BY ANNE MICHAUD
The Cincinnati Enquirer
The Metropolitan Sewer District has canceled a $15,000 June celebration of its 30th anniversary, mostly because nobody feels like celebrating.
Director Thomas Quinn quit on April 29, after weeks of revelations of questionable management of the Metropolitan Sewer District (MSD). Several investigations are pending.
The district had planned to go ahead with the celebration because it would otherwise lose $2,700 to the Gregory Centre at Sawyer Point, which had a contract to provide a June 8 luncheon. The Gregory Centre has let the MSD out of the obligation.
A weeklong celebration including a carnival, sewer district tours and watches for employees was to have cost about $15,000, according to MSD records.
Cincinnati City Manager John Shirey had scrapped some of the plans already, but he said he could not cancel the luncheon because of the guaranteed contract with the Gregory Centre, a new Montgomery Inn banquet facility.
Mr.
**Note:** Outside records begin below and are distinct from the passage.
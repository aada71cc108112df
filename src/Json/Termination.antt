-- ===== src/Json/Termination.antt =====
-- The parser of include/json.hpp ends: the fuel that `parse` starts with is enough for every text.
pub mod Descent
use glmserve.Prelude.{
  ◌&&◌, ℕ, zero, suc, ◌+◌, ◌≤◌, ◌<◌, ◌≡◌, refl, Bool, true, false, Option, none, some, [], ◌∷◌,
  drop, leb, ltb, ◌==◌, if◌then◌else◌, length, length-drop, Bool-cases, Option-cases, inl, inr,
  arith, take,
}
use glmserve.Prelude.Bytes.{Bytes, bytes_eq, codes}
use glmserve.Prelude.Result.{Result, ok, err, ◌>>=◌}
use glmserve.Json.{
  Error, Message, fail, bad_number, out_of_fuel, Parsed, get, peek, skip_ws, expect, hex_value,
  parse_hex4, skip2, low_half, starts_pair, parse_code_point, unescape, Turn, again, finished,
  string_turn, string_loop, parse_string,
}
use glmserve.Json.Parser.{
  Value, Values, Members, number_text, number_loop, is_number_char, parse_number, parse_bool,
  parse_null, members_loop, parse_object, elements_loop, parse_array, parse_string_value,
  parse_value, parse,
}

-- The result is not out of fuel, and a value leaves less text than `k`.
pub data Within {ℓ} {A : Type ℓ} (left : A → ℕ) (k : ℕ) : Result Error A → Type ℓ where
  gives : (a : A) → left a < k → Within left k (ok a)
  fails : (s : Bytes) (m : Message) → Within left k (err (fail s m))
  throws : (s : Bytes) → Within left k (err (bad_number s))

abbrev pub unread : {A : Type 0} → A × Bytes → ℕ
unread r = length r.1

pub bind_lem {ℓ κ} :
    {A : Type ℓ} {B : Type κ} {m : Result Error A} {f : A → Result Error B} {left : A → ℕ}
    {after : B → ℕ} {j k : ℕ}
    → Within left j m
    → ((a : A) → left a < j → Within after k (f a))
    → Within after k (m >>= f)
bind_lem (gives a h) g = g a h
bind_lem (fails s m) g = fails s m
bind_lem (throws s) g = throws s

pub if_lem {ℓ} :
    {A : Type ℓ} {left : A → ℕ} {k : ℕ} (test : Bool) {x y : Result Error A}
    → ((test ≡ true) → Within left k x)
    → ((test ≡ false) → Within left k y)
    → Within left k (if test then x else y)
if_lem true f g = f refl
if_lem false f g = g refl

pub wider {ℓ} :
    {A : Type ℓ} {left : A → ℕ} {j k : ℕ} {m : Result Error A}
    → Within left j m
    → j ≤ k
    → Within left k m
wider (gives a h) l = gives a (omega arith)
wider (fails s m) l = fails s m
wider (throws s) l = throws s

pub get-le : (s : Bytes) → length (get s).1 ≤ length s
get-le [] = omega arith
get-le (c ∷ s) = omega arith

-- A character other than '\0' was there to be read.
pub get-lt : (s : Bytes) (c : ℕ) → ((get s).0 == suc c) ≡ true → length (get s).1 < length s
get-lt [] c h = absurd (ground arith)
get-lt (x ∷ s) c h = omega arith

pub skip_ws-le : (s : Bytes) → length (skip_ws s) ≤ length s
unfolding skip_ws
skip_ws-le [] = omega arith
skip_ws-le (c ∷ s) = ground (arith, skip_ws-le s)

pub expect-Within : (c : ℕ) (s : Bytes) → Within length (length s) (expect (suc c) s)
expect-Within c s = if_lem ((get s).0 == suc c) (λ e. gives (get s).1 (get-lt s c e)) λ e. fails _ _

hex_value-Within : (s : Bytes) (c : ℕ) → Within (λ v. 0) 1 (hex_value s c)
hex_value-Within s c =
    if_lem (leb b'0' c && leb c b'9') (λ e. gives _ (omega arith))
      λ e.
        if_lem (leb b'a' c && leb c b'f') (λ e. gives _ (omega arith))
          λ e. if_lem (leb b'A' c && leb c b'F') (λ e. gives _ (omega arith)) λ e. fails _ _

parse_hex4-Within : (s : Bytes) → Within unread (suc (length s)) (parse_hex4 s)
unfolding parse_hex4
parse_hex4-Within s =
    let s1 = (get s).1 in
    let s2 = (get s1).1 in
    let s3 = (get s2).1 in
    bind_lem (hex_value-Within s1 (get s).0) λ a _. bind_lem (hex_value-Within s2 (get s1).0) λ b _.
      bind_lem (hex_value-Within s3 (get s2).0) λ c _.
        bind_lem (hex_value-Within (get s3).1 (get s3).0)
          λ d _. gives _ (omega (arith, get-le s, get-le s1, get-le s2, get-le s3))

parse_code_point-Within : (s : Bytes) → Within unread (suc (length s)) (parse_code_point s)
unfolding parse_code_point
parse_code_point-Within s = bind_lem (parse_hex4-Within s) λ r h.
    if_lem (starts_pair r.0 r.1)
      (λ e.
        bind_lem (parse_hex4-Within (skip2 r.1))
          λ l k. gives _ (omega (arith, get-le r.1, get-le (get r.1).1)))
      λ e. gives r h

unescape-Within :
    (out : Bytes) (e : ℕ) (s : Bytes) → Within unread (suc (length s)) (unescape out e s)
unfolding unescape
unescape-Within out e s = if_lem (e == b'"') here λ _. if_lem (e == b'\\') here λ _.
    if_lem (e == b'/') here λ _. if_lem (e == b'b') here λ _. if_lem (e == b'f') here λ _.
      if_lem (e == b'n') here λ _. if_lem (e == b'r') here λ _. if_lem (e == b't') here λ _.
        if_lem (e == b'u') (λ _. bind_lem (parse_code_point-Within s) λ r h. gives _ h)
          λ _. fails _ _
  where
    here :
        {test : Bool} {more : Bytes} → (test ≡ true) → Within unread (suc (length s)) (ok (more, s))
    here _ = gives _ (omega arith)

abbrev unread_turn : Turn → ℕ
unread_turn (again out s) = length s
unread_turn (finished out s) = length s

string_turn-Within : (out s : Bytes) → Within unread_turn (length s) (string_turn out s)
unfolding string_turn
string_turn-Within out s =
    if_lem ((get s).0 == 0) (λ e. fails _ _)
      λ nonzero.
        if_lem ((get s).0 == b'"') (λ e. gives _ (get-lt s _ e))
          λ _.
            if_lem ((get s).0 == b'\\')
              (λ e.
                bind_lem (unescape-Within out (get (get s).1).0 (get (get s).1).1)
                  λ r h. gives _ (omega (arith, get-lt s _ e, get-le (get s).1)))
              λ _. gives _ (read s nonzero)
  where
    read : (s : Bytes) → ((get s).0 == 0) ≡ false → length (get s).1 < length s
    read [] h = absurd (ground arith)
    read (c ∷ s) h = omega arith

string_loop-Within :
    (n : ℕ) (out s : Bytes) → length s < n → Within unread (length s) (string_loop n out s)
unfolding string_loop
string_loop-Within zero out s h = elim h [ ]
string_loop-Within (suc n) out s h =
    bind_lem (string_turn-Within out s)
      λ turn l. go turn l λ out' s' k. string_loop-Within n out' s' (omega arith)
  where
    go :
        (turn : Turn)
        → unread_turn turn < length s
        → ((out' s' : Bytes)
            → length s' < length s
            → Within unread (length s') (string_loop n out' s'))
        → Within unread
            (length s)
            (elim turn [ again out' s' ↦ string_loop n out' s' | finished out' s' ↦ ok (out', s') ])
    go (again out' s') l rest = wider (rest out' s' l) (omega arith)
    go (finished out' s') l rest = gives _ l

pub parse_string-Within :
    (n : ℕ) (s : Bytes) → length s ≤ n → Within unread (length s) (parse_string n s)
unfolding parse_string
parse_string-Within n s h =
    bind_lem (expect-Within _ s)
      λ s1 l. wider (string_loop-Within n [] s1 (omega arith)) (omega arith)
Shirey canceled plans to buy 1,000 pens on a rope, 800 trinket clocks with MSD logos and 50 dress watches with an MSD logo on the face for 30-year employees. The bill for the dress watches would have amounted to $1,819.50.
The event was intended to raise morale at the MSD, Mr. Quinn wrote in a letter to city officials. Shared responsibility for the district, between the city and Hamilton County, makes both governments reluctant to praise its accomplishments, Mr. Quinn wrote.
"Serving the conflicting requirements of the city, the county and the state has resulted in a profoundly depressing work environment in which good employees are discouraged from identifying with their employer and its interests," Mr. Quinn wrote to Francis Wagner, acting finance director for the city.